> **To do**:
State only how many lines of the records contain the string "indexes".

> **Records supplied**:
--------------------------------------------------

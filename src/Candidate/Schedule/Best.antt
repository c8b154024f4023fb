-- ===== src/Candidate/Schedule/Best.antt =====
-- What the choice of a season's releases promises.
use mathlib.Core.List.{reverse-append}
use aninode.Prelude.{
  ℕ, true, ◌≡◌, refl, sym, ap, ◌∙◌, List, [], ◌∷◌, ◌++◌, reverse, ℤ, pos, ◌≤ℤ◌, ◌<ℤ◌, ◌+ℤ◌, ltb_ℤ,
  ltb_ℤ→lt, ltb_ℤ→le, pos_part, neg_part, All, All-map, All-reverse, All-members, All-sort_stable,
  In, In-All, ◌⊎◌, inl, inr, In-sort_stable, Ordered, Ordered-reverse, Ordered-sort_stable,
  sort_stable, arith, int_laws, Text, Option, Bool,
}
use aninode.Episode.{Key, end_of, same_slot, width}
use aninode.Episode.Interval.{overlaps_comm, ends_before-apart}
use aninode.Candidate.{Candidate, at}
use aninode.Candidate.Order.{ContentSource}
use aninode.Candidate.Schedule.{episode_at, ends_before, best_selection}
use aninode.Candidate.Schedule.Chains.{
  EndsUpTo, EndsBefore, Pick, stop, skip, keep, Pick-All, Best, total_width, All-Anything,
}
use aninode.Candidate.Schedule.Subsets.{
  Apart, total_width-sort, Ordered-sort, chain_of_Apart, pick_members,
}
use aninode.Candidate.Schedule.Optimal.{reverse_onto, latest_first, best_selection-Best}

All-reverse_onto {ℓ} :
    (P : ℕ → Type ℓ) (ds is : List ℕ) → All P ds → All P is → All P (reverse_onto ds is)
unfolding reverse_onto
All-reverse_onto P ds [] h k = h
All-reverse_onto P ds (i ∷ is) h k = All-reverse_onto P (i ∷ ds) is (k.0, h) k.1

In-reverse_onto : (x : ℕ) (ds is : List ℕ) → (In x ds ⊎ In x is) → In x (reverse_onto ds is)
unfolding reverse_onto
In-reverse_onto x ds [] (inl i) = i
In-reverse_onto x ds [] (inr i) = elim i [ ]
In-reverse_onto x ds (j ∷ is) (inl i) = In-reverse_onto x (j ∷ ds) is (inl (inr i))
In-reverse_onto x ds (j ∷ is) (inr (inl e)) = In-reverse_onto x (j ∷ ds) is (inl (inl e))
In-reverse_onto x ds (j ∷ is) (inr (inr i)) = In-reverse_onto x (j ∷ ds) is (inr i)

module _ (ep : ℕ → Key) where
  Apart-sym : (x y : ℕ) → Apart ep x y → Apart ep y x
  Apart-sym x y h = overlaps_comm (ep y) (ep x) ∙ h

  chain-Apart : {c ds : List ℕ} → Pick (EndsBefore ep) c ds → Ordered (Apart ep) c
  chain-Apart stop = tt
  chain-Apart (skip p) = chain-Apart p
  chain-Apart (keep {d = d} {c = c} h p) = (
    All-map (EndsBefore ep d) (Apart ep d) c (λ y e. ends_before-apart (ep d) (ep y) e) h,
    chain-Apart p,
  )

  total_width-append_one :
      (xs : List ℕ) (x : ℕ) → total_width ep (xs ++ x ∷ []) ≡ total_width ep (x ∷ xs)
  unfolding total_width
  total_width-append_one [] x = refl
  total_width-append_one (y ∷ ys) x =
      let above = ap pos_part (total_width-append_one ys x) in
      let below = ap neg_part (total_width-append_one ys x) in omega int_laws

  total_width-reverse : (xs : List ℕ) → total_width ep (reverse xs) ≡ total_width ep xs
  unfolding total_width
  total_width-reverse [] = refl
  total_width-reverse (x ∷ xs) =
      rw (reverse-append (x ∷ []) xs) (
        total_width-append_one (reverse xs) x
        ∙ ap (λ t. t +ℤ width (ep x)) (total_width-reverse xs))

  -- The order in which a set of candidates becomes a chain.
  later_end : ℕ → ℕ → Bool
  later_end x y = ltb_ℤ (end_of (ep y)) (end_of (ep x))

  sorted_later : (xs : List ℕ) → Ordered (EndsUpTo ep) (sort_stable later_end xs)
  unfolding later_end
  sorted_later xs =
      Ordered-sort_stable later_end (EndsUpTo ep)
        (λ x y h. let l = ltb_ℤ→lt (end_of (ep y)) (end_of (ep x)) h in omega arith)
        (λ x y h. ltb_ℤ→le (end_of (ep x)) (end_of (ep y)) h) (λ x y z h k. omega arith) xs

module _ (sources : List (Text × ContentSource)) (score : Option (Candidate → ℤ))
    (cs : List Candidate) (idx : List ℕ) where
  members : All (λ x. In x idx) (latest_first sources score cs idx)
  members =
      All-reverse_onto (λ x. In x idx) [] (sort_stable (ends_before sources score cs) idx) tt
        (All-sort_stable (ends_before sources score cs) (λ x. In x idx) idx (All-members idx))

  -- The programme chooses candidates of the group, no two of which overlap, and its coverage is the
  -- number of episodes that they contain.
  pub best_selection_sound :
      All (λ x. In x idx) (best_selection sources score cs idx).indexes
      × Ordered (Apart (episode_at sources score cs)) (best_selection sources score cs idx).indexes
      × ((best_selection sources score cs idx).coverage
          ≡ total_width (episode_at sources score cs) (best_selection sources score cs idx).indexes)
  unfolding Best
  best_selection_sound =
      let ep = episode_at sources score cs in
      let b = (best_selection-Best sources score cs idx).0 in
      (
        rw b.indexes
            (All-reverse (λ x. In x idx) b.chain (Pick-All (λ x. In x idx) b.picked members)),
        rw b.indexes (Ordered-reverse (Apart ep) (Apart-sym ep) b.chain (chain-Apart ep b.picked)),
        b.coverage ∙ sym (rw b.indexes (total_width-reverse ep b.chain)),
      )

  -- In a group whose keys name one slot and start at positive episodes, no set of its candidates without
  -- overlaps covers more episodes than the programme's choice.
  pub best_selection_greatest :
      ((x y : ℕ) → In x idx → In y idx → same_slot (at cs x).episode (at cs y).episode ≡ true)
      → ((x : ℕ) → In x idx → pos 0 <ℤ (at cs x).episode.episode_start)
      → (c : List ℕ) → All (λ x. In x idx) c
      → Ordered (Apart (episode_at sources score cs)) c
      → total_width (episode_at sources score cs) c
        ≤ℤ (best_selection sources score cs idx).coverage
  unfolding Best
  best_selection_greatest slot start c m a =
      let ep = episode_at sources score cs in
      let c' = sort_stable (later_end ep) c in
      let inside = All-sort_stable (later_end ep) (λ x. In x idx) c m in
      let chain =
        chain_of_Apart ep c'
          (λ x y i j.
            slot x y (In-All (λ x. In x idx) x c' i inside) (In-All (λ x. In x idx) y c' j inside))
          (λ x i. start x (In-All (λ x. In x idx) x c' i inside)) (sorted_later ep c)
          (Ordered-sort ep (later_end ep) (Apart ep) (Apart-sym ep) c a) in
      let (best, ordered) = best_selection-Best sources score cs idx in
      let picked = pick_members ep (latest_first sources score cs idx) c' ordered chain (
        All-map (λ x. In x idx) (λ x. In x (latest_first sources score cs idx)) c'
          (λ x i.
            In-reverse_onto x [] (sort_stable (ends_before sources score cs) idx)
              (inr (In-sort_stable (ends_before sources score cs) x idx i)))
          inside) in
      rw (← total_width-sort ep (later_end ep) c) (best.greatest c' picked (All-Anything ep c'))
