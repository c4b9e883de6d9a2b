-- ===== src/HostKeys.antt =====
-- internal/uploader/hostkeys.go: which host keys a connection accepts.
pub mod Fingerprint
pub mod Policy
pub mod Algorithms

--------------------------------------------------

> **Result for this task**:
6